In Section 4.3, constraints on source fluxes assuming $\mathrm{d}N/\mathrm{d}E_{\nu}\propto E_{\nu}^{-2}$ have been calculated. However, more specific neutrino flux models can be obtained using $\gamma$ -ray data. In pion decays, both neutrinos and $\gamma$ -rays are produced. Thus $\gamma$ -ray data can be used to construct models for neutrino emission under certain assumptions. Here, models for sources of the a priori source list are tested. For each model, the Model Rejection Factor (MRF) is calculated which is the ratio between the predicted flux and the 90% CL upper limit. In addition, the expected experimental result in the case of pure background is also calculated giving the MRF sensitivity. The energy range that contributes 90% to the sensitivity has been calculated by folding the differential discovery potential at the source position (similar to Fig. 4) with the flux prediction. Models for which the MRF sensitivity is larger than 10 are not discussed here.

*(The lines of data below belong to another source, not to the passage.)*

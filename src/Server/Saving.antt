-- ===== src/Server/Saving.antt =====
-- Every event keeps the accounts savable (server/src/Server.cpp, server/src/main.cpp).
use net_pixeld.Prelude.{
  ℕ, ◌≡◌, refl, sym, ap, subst, inl, inr, Bool, true, false, none, some, List, [], ◌∷◌, Text, codes,
  text_eq, nat_eq, if◌then◌else◌, is_empty, get_elem?, Option-cases, Bool-cases,
}
use net_pixeld.Prelude.Outcome.{Outcome, ok, throw, crash}
use net_pixeld.Prelude.Exec.{Exec, continue, ◌>>=◌, pure, reads}
use net_pixeld.Prelude.Umap.{find}
use net_pixeld.Prelude.Int.{pos}
use net_pixeld.Json.{Json, IsLawful}
use net_pixeld.Resource.{Resources}
use net_pixeld.Protocol.{Message}
use net_pixeld.Session.{Session, send}
use net_pixeld.Db.Queries.{find_uuid, get_resources, user_exists}
use net_pixeld.Db.Updates.{update_resources, add_user}
use net_pixeld.Db.Accounts.{update-unknown, add_user-taken}
use net_pixeld.Db.Encodable.{IsEncodable}
use net_pixeld.Db.Totality.{CanSave, update_resources_total, add_user_total}
use net_pixeld.Server.State.{Server, Pointer, schedule_resource_tick}
use net_pixeld.Server.Sessions.{read_session, call_session, call_db, send_to, send_to_client}
use net_pixeld.Server.Tick.{
  next_sequence, resource_message, add_ten, hand_out, give, tick_session, tick_sessions,
  on_resource_tick,
}

module _ (json : Json) where
  -- Whatever the result, the accounts can be saved after it if they could before.
  abbrev pub KeepsSaving : {A : Type 0} → Exec Server A → Type 0
  KeepsSaving m = (s : Server) → CanSave json s.db → CanSave json (m s).1.db

  pub KeepsSaving-bind :
      {A B : Type 0} (m : Exec Server A) (f : A → Exec Server B)
      → KeepsSaving m
      → ((a : A) (s : Server) → (m s).0 ≡ ok a → KeepsSaving (f a))
      → KeepsSaving (m >>= f)
  KeepsSaving-bind {A} {B} m f k l s h = go (m s) refl (k s h)
    where
      go :
          (r : Outcome A × Server)
          → m s ≡ r
          → CanSave json r.1.db
          → CanSave json (continue r f).1.db
      go (ok a, t) e c = l a s (ap (λ r. r.0) e) t c
      go (throw x, t) e c = c
      go (crash, t) e c = c

  db-call_session :
      {A : Type 0} (p : Pointer) (method : Exec Session A) (s : Server)
      → (call_session p method s).1.db ≡ s.db
  unfolding call_session read_session
  db-call_session none method s = refl
  db-call_session (some ref) method s = elim (Option-cases (get_elem? s.objects ref)) [
    | inl e ↦ rw e
    | inr (o, e) ↦ rw e
  ]

  pub KeepsSaving-call_session :
      {A : Type 0} (p : Pointer) (method : Exec Session A) → KeepsSaving (call_session p method)
  KeepsSaving-call_session p method s h = subst (CanSave json) (sym (db-call_session p method s)) h

  pub KeepsSaving-send_to :
      (p : Pointer) (msg : Message json.Value) → KeepsSaving (send_to json p msg)
  unfolding send_to
  KeepsSaving-send_to p msg = KeepsSaving-call_session p (send json msg)

  pub KeepsSaving-send_to_client :
      (id : ℕ) (msg : Message json.Value) → KeepsSaving (send_to_client json id msg)
  unfolding send_to_client
  KeepsSaving-send_to_client id msg s h = elim (Option-cases (find id s.sessions)) [
    | inl e ↦ rw e h
    | inr (p, e) ↦ rw e (KeepsSaving-send_to p msg s h)
  ]

  module _ (lawful : IsLawful json) where
    pub KeepsSaving-update_resources :
        (uuid : Text) (r : Resources) → KeepsSaving (call_db (update_resources json uuid r))
    KeepsSaving-update_resources uuid r s h = elim (Option-cases (find_uuid uuid s.db.accounts)) [
      | inl e ↦ rw (update-unknown json s.db uuid [] r (pos 0) e).0 h
      | inr (acc, e) ↦ (update_resources_total json lawful uuid r s.db acc e h).1
    ]

    pub KeepsSaving-add_user :
        (user pass : Text)
        → IsEncodable json user
        → IsEncodable json pass
        → KeepsSaving (call_db (add_user json user pass))
    KeepsSaving-add_user user pass u p s h = elim (Bool-cases (user_exists user s.db)) [
      | inl taken ↦ rw (add_user-taken json s.db user pass taken) h
      | inr free ↦ (add_user_total json lawful user pass s.db free u p h).1
    ]

    -- the tick
    KeepsSaving-hand_out :
        (id : ℕ) (p : Pointer) (uuid : Text) (pool : Resources)
        → KeepsSaving (hand_out json id p uuid pool)
    unfolding hand_out next_sequence
    KeepsSaving-hand_out id p uuid pool =
        let last =
          λ (seq : ℕ) (_ : Unit {0}). send_to json p (resource_message json seq uuid pool) in
        let update = λ (seq : ℕ). call_db (update_resources json uuid pool) >>= last seq in
        KeepsSaving-bind (next_sequence id (codes "ResourceUpdate")) update (λ s h. h)
          λ seq _ _.
            KeepsSaving-bind (call_db (update_resources json uuid pool)) (last seq)
              (KeepsSaving-update_resources uuid pool)
              λ _ _ _. KeepsSaving-send_to p (resource_message json seq uuid pool)

    KeepsSaving-give_if :
        (b : Bool) (id : ℕ) (p : Pointer) (uuid : Text)
        → KeepsSaving (if b then pure tt else give json id p uuid)
    unfolding give
    KeepsSaving-give_if true id p uuid = λ s h. h
    KeepsSaving-give_if false id p uuid =
        KeepsSaving-bind (reads (λ s. get_resources uuid s.db))
          (λ before. hand_out json id p uuid (add_ten before)) (λ s h. h)
          λ before _ _. KeepsSaving-hand_out id p uuid (add_ten before)

    KeepsSaving-tick_session : (entry : ℕ × Pointer) → KeepsSaving (tick_session json entry)
    unfolding tick_session
    KeepsSaving-tick_session (id, p) =
        KeepsSaving-bind (reads (read_session p))
          (λ o. if is_empty o.uuid then pure tt else give json id p o.uuid) (λ s h. h)
          λ o _ _. KeepsSaving-give_if (is_empty o.uuid) id p o.uuid

    KeepsSaving-tick_sessions :
        (entries : List (ℕ × Pointer)) → KeepsSaving (tick_sessions json entries)
    unfolding tick_sessions
    KeepsSaving-tick_sessions [] = λ s h. h
    KeepsSaving-tick_sessions (entry ∷ rest) =
        KeepsSaving-bind (tick_session json entry) (λ _. tick_sessions json rest)
          (KeepsSaving-tick_session entry) λ _ _ _. KeepsSaving-tick_sessions rest

    pub KeepsSaving-on_resource_tick : (ec : Bool) → KeepsSaving (on_resource_tick json ec)
    unfolding on_resource_tick schedule_resource_tick
    KeepsSaving-on_resource_tick true = λ s h. h
    KeepsSaving-on_resource_tick false = λ s.
        KeepsSaving-bind (tick_sessions json s.sessions) (λ _ t. (ok tt, schedule_resource_tick t))
          (KeepsSaving-tick_sessions s.sessions) (λ _ _ _ t h. h) s
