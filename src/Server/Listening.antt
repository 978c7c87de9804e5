-- ===== src/Server/Listening.antt =====
-- The messages of clients keep the accounts savable: what was parsed is valid UTF-8 (server/src/main.cpp,
-- server/src/Server.cpp).
use net_pixeld.Prelude.{
  ℕ, ◌≡◌, inl, inr, Bool, true, false, Option, none, some, arith, Text, codes, text_eq, nat_eq,
  get_elem?, Option-cases, Bool-cases,
}
use net_pixeld.Prelude.Outcome.{ok, json_error, or_throw, or_throw-ok}
use net_pixeld.Prelude.Exec.{◌>>=◌, pure, reads}
use net_pixeld.Prelude.Umap.{find}
use net_pixeld.Json.{Json, IsLawful}
use net_pixeld.Protocol.{Message, parse}
use net_pixeld.Session.{next_message, take_line, set_uuid}
use net_pixeld.Db.Queries.{get_user, user_exists, verify_user}
use net_pixeld.Db.Updates.{add_user}
use net_pixeld.Db.Encodable.{IsEncodable}
use net_pixeld.Server.State.{Server, Handler, login_handler, Pointer}
use net_pixeld.Server.Sessions.{read_session, call_session, call_db, get_session, send_to_client}
use net_pixeld.Server.Messages.{
  text_at, login_uuid, known_uuid, log_in, handle_login, on_client_message, handle, login_reply,
}
use net_pixeld.Server.Saving.{
  KeepsSaving, KeepsSaving-bind, KeepsSaving-call_session, KeepsSaving-send_to_client,
  KeepsSaving-add_user,
}

module _ (json : Json) (lawful : IsLawful json) where
  open json use {Value, at, get_string, IsUtf8}

  -- A text of a parsed message is valid UTF-8.
  pub text_at-IsEncodable :
      (p : Value) (key t : Text) (s : Server)
      → IsUtf8 p
      → (text_at json p key s).0 ≡ ok t
      → IsEncodable json t
  text_at-IsEncodable p key t s u e = elim (Option-cases (at p key)) [
    | inl missing ↦ ground (arith, missing, e)
    | inr (v, there) ↦
        let got : or_throw json_error (get_string v) ≡ ok t = ground (arith, there, e) in
        lawful.get_string-IsUtf8 v t (lawful.at-IsUtf8 p v key u there)
          (or_throw-ok json_error _ t got)
  ]

  KeepsSaving-known_uuid :
      (b : Bool) (user pass : Text) → KeepsSaving json (known_uuid json b user pass)
  KeepsSaving-known_uuid false user pass = λ s h. h
  KeepsSaving-known_uuid true user pass =
      KeepsSaving-bind json (reads (λ s. get_user user pass s.db)) (λ uuid. pure (some uuid))
        (λ s h. h) λ _ _ _ s h. h

  KeepsSaving-login_uuid :
      (user pass : Text)
      → IsEncodable json user
      → IsEncodable json pass
      → KeepsSaving json (login_uuid json user pass)
  unfolding login_uuid
  KeepsSaving-login_uuid user pass u p s h = elim (Bool-cases (user_exists user s.db)) [
    | inl e ↦ rw e (KeepsSaving-known_uuid (verify_user user pass s.db) user pass s h)
    | inr e ↦ rw e (
        KeepsSaving-bind json (call_db (add_user json user pass)) (λ uuid. pure (some uuid))
          (KeepsSaving-add_user json lawful user pass u p) (λ _ _ _ s h. h) s h)
  ]

  KeepsSaving-log_in : (id : ℕ) (uuid : Option Text) → KeepsSaving json (log_in json id uuid)
  unfolding log_in get_session
  KeepsSaving-log_in id none = λ s h. h
  KeepsSaving-log_in id (some uuid) =
      let reply = λ (_ : Unit {0}). send_to_client json id (login_reply json uuid) in
      KeepsSaving-bind json (λ s. let (p, t) = get_session id s in (ok p, t))
        (λ p. call_session p (λ s. (ok tt, set_uuid uuid s)) >>= reply)
        (λ s h. elim (Option-cases (find id s.sessions)) [ inl e ↦ rw e h | inr (p, e) ↦ rw e h ])
        λ p _ _.
          KeepsSaving-bind json (call_session p (λ s. (ok tt, set_uuid uuid s))) reply
            (KeepsSaving-call_session json p _)
            λ _ _ _. KeepsSaving-send_to_client json id (login_reply json uuid)

  KeepsSaving-handle_login :
      (id : ℕ) (msg : Message Value)
      → IsUtf8 msg.payload
      → KeepsSaving json (handle_login json id msg)
  unfolding handle_login
  KeepsSaving-handle_login id msg u =
      let ended = λ (user pass : Text). login_uuid json user pass >>= log_in json id in
      KeepsSaving-bind json (text_at json msg.payload (codes "id"))
        (λ user. text_at json msg.payload (codes "password") >>= ended user) (λ s h. h)
        λ user s got.
          KeepsSaving-bind json (text_at json msg.payload (codes "password")) (ended user)
            (λ s h. h)
            λ pass t given.
              KeepsSaving-bind json (login_uuid json user pass) (log_in json id)
                (KeepsSaving-login_uuid user pass (text_at-IsEncodable _ _ user s u got)
                  (text_at-IsEncodable _ _ pass t u given))
                λ uuid _ _. KeepsSaving-log_in id uuid

  KeepsSaving-handle :
      (h : Option Handler) (id : ℕ) (msg : Message Value)
      → IsUtf8 msg.payload
      → KeepsSaving json (handle json h id msg)
  KeepsSaving-handle none id msg u = λ s h. h
  KeepsSaving-handle (some login_handler) id msg u = KeepsSaving-handle_login id msg u

  -- The payload of a parsed message is valid UTF-8.
  parse-payload :
      (line : Text) (msg : Message Value) → parse json line ≡ ok msg → IsUtf8 msg.payload
  unfolding parse
  parse-payload line msg e = elim (Option-cases (json.parse line)) [
    | inl bad ↦ ground (arith, bad, e)
    | inr (j, parsed) ↦
        let there : at j (codes "payload") ≡ some msg.payload = ground (arith, parsed, e) in
        lawful.at-IsUtf8 j msg.payload (codes "payload") (lawful.parse-IsUtf8 line j parsed) there
  ]

  pub KeepsSaving-on_client_message :
      (id : ℕ) (msg : Message Value)
      → IsUtf8 msg.payload
      → KeepsSaving json (on_client_message json id msg)
  unfolding on_client_message
  KeepsSaving-on_client_message id msg u =
      λ s. KeepsSaving-handle (find msg.type s.handlers) id msg u s

  -- What next_message returns was parsed.
  pub next_message-payload :
      (p : Pointer) (msg : Message Value) (s : Server)
      → (call_session p (next_message json) s).0 ≡ ok msg
      → IsUtf8 msg.payload
  unfolding call_session read_session next_message
  next_message-payload none msg s e = cc
  next_message-payload (some ref) msg s e = elim (Option-cases (get_elem? s.objects ref)) [
    | inl missing ↦ ground (arith, missing, e)
    | inr (o, there) ↦ parse-payload (take_line o).0 msg (ground (arith, there, e))
  ]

The first source tested is the Crab Nebula, which is a Pulsar Wind Nebula (PWN) and the brightest source in TeV $\gamma$ -rays. Despite the common understanding that the emission from PWNe is of leptonic nature, see e.g. Aleksić et al. (2015a), neutrinos can be produced by subdominant hadronic emission. Predictions for neutrino fluxes from the Crab Nebula are proposed, e.g. by Amato et. al Amato et al. (2003) and Kappes et. al Kappes et al. (2007). The prediction by Amato et. al assumes pion production is dominated by p-p interactions and the target density is given by $n_{t}=10\mu M_{N_{\odot}}R_{\mathrm{pc}}^{-3}\,\mathrm{cm}^{-3}$ with $M_{N_{\odot}}$ the mass of the supernova ejecta in units of solar masses. Moreover, $R_{\mathrm{pc}}$ is the radius of the supernova in units of $\mathrm{pc}$ and $\mu$ is an unknown factor of the order of $1\leq\mu\leq 20$ that takes into account e.g. the intensity and structures of magnetic fields within the PWN. Here $\mu=20$ and a proton luminosity of 60% of the total PWN luminosity for Lorentz factors of $\Gamma=10^{4},\,10^{5},\,10^{6},\,10^{7}$ are used to provide a result that is model-independent and complementary to Amato et al. (2003). The model prediction by Kappes et al., assumes a dominant production of $\gamma$ -rays of the HESS $\gamma$ -ray spectrum Aharonian et al. (2006) by p-p interactions.

The model predictions, sensitivity and 90% CL upper limit are shown in Fig. 14 and are listed in Tab. 4. Sensitivity and upper limits are shown for the central energy range that contributes 90% to the sensitivity.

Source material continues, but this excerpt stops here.